= David H. Malan =

British psychotherapist

David Huntingford Malan (21 March 1922 – 14 October 2020) was a British psychoanalytic psychotherapy practitioner and researcher recognized for his contribution to the development of psychotherapy. He promoted scientific spirit of inquiry, openness, and simplicity within the field. He is also noted for his development of the Malan triangles, which became a rubric in which therapists can reflect upon what they are doing and where they are in relational space at any given moment.

== Early life ==
Malan was born in Ootacamund in the province of Tamil Nadu in India on 21 March 1922. His father was English, working in the Indian Civil Service as Paymaster General of Madras State, and his mother Isabel (née Allen)was American. When Malan was seven years old his father died from pneumonia and Malan and his mother came to England. They moved into a house in Hartley Wintney which served as Malan's home throughout his life. This early experience of grief was formative for his later work.
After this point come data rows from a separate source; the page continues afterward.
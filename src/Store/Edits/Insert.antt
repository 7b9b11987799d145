-- ===== src/Store/Edits/Insert.antt =====
-- `Store.InsertEdits` on every branch.
use token_usage.Prelude.{
  ℕ, ◌+◌, ◌≡◌, refl, Bool, false, not, none, some, List, [], ◌∷◌, arith, Text, length, length-map,
  ap, ◌∙◌, keep, ◌==◌, text_eq,
}
use token_usage.Types.{EditRecord}
use token_usage.Store.Keys.{daily_key_eq}
use token_usage.Store.Rollup.{has_id}
use token_usage.Store.Rollup.Run.{
  IsSound, run_insert-IsSound, run_insert_err, run_insert_idem, run_insert_count,
}
use token_usage.Store.Edits.{EditTables, edit_stream, insert_edits, edit_rows, edit_row, edit_id}

module _ (micros : ℕ → ℕ) (now : ℕ) (machine_id user_id : Text) where
  -- Whether it returns or fails, the daily table keeps saying what the detail rows sum up to, and no
  -- two detail rows have one event id.
  pub insert_edits-IsSound :
      (fault : Bool) (edits : List EditRecord) (t : EditTables)
      → IsSound edit_stream t
      → IsSound edit_stream (insert_edits micros now machine_id user_id fault edits t).1
  unfolding insert_edits
  insert_edits-IsSound fault [] t h = h
  insert_edits-IsSound fault (e ∷ edits) t h = run_insert-IsSound edit_stream fault now _ t h

  -- An insert that fails has changed nothing.
  pub insert_edits_err :
      (fault : Bool) (edits : List EditRecord) (t : EditTables)
      → (insert_edits micros now machine_id user_id fault edits t).0 ≡ none
      → (insert_edits micros now machine_id user_id fault edits t).1 ≡ t
  unfolding insert_edits
  insert_edits_err fault [] t h = refl
  insert_edits_err fault (e ∷ edits) t h = run_insert_err edit_stream fault now _ t h

  -- An insert that returns accounts for every edit that has an event id: it is accepted or a
  -- duplicate, and the detail table grows by the accepted ones.
  insert_edits_count :
      (fault : Bool) (edits : List EditRecord) (t : EditTables) {c : ℕ × ℕ}
      → (insert_edits micros now machine_id user_id fault edits t).0 ≡ some c
      → (c.0 + c.1 ≡ length (keep (λ e. not (e.event_id == [])) edits))
        × (length (insert_edits micros now machine_id user_id fault edits t).1.detail
            ≡ length t.detail + c.0)
  unfolding insert_edits
  insert_edits_count fault [] t h = ground arith
  insert_edits_count fault (e ∷ edits) t h =
      unfold edit_rows in
      rw (← length-map _ (edit_row micros now machine_id user_id)) (
        run_insert_count edit_stream fault now (edit_rows micros now machine_id user_id (e ∷ edits))
          t h)

-- The ids of a batch do not depend on who sends it and when.
has_id-edit_rows :
    (micros micros' : ℕ → ℕ) (now now' : ℕ) (machine_id machine_id' user_id user_id' : Text)
    (edits : List EditRecord) (i : Text)
    → has_id edit_stream i (edit_rows micros now machine_id user_id edits)
      ≡ has_id edit_stream i (edit_rows micros' now' machine_id' user_id' edits)
unfolding has_id edit_rows edit_id
has_id-edit_rows micros micros' now now' m m' u u' [] i = refl
has_id-edit_rows micros micros' now now' m m' u u' (e ∷ edits) i =
    ground (arith, has_id-edit_rows micros micros' now now' m m' u u' edits i)

module _ (micros : ℕ → ℕ) (now now' : ℕ) (machine_id machine_id' user_id user_id' : Text) where
  -- A batch that the server took is all duplicates when it is sent again, at any later time and by
  -- whatever machine or user, and then changes nothing.
  pub insert_edits_idem :
      (fault : Bool) (edits : List EditRecord) (t : EditTables) {c : ℕ × ℕ}
      → (insert_edits micros now machine_id user_id fault edits t).0 ≡ some c
      → insert_edits micros now' machine_id' user_id' false edits
          (insert_edits micros now machine_id user_id fault edits t).1
        ≡ (
          some (0, length (keep (λ e. not (e.event_id == [])) edits)),
          (insert_edits micros now machine_id user_id fault edits t).1,
        )
  unfolding insert_edits
  insert_edits_idem fault [] t h = refl
  insert_edits_idem fault (e ∷ edits) t h =
      run_insert_idem edit_stream fault now now'
        (edit_rows micros now machine_id user_id (e ∷ edits))
        (edit_rows micros now' machine_id' user_id' (e ∷ edits)) t
        (λ i p.
          has_id-edit_rows micros micros now now' machine_id machine_id' user_id user_id'
            (e ∷ edits) i
          ∙ p)
        h
      ∙ unfold edit_rows in
        ap (λ n. (some (0, n), (insert_edits micros now machine_id user_id fault (e ∷ edits) t).1))
          (length-map _ (edit_row micros now' machine_id' user_id'))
At preparatory boarding school Malan particularly enjoyed learning Latin and Greek, but as a scholar at Winchester he became interested in chemistry which he then studied, winning a scholarship to Balliol College, Oxford. He graduated in 1944 with a 1st class Honours degree in chemistry.

During the war Malan was seconded to the Special Operations Executive (S.O.E), initially to develop devices for Resistance fighters, and later incendiary bombs for use in the Far East.

He was unable to partake in active service due to a foot injury. After the war he studied medicine at The London Hospital qualifying in 1952 and then trained in psychiatry at the Maudsley Hospital. Malan began his training in psychoanalysis whilst at Medical School. His initial analysis was with Michael Balint and then with Winnicott.

After a year at Courtaulds doing fundamental research, he knew he wanted to become a Psychotherapist.

== Career ==
After qualifying from the London Hospital in 1952, he worked as a casualty officer, then as a psychiatrist at the Maudsley before transferring to the Tavistock Clinic in 1956. From 1956 to 1982, he remained at the Tavistock Clinic as a consultant psychiatrist, psychotherapist and psychoanalyst.

In 1956, at the Tavistock Clinic, Balint asked him to join his Brief Psychotherapy research group investigating whether brief focal therapy was effective. Malan analysed the results which were highly encouraging. During his early years as a psychotherapist, he already advocated the accurate, reproducible clinical descriptions, as well as the prediction of desirable outcomes prior to the process of therapy or an "intention to treat", which are then followed by unbiased evaluation post-treatment. This approach was met with suspicion during the 1950s within the analytic community, including Malan's colleagues at the Tavistock Clinic.

In 1967 Malan developed the Brief Psychotherapy workshop which all trainees were required to attend for one year and treat a patient under his supervision. It attracted students internationally as well as nationally. The aim was to achieve effective therapeutic results in the shortest possible time and to research the factors that made this happen.

The therapy was actively interpretive, using the elements of the Two Triangles – the Triangle of Conflict and the Triangle of Person - as the basis for many of the interventions that the therapists made.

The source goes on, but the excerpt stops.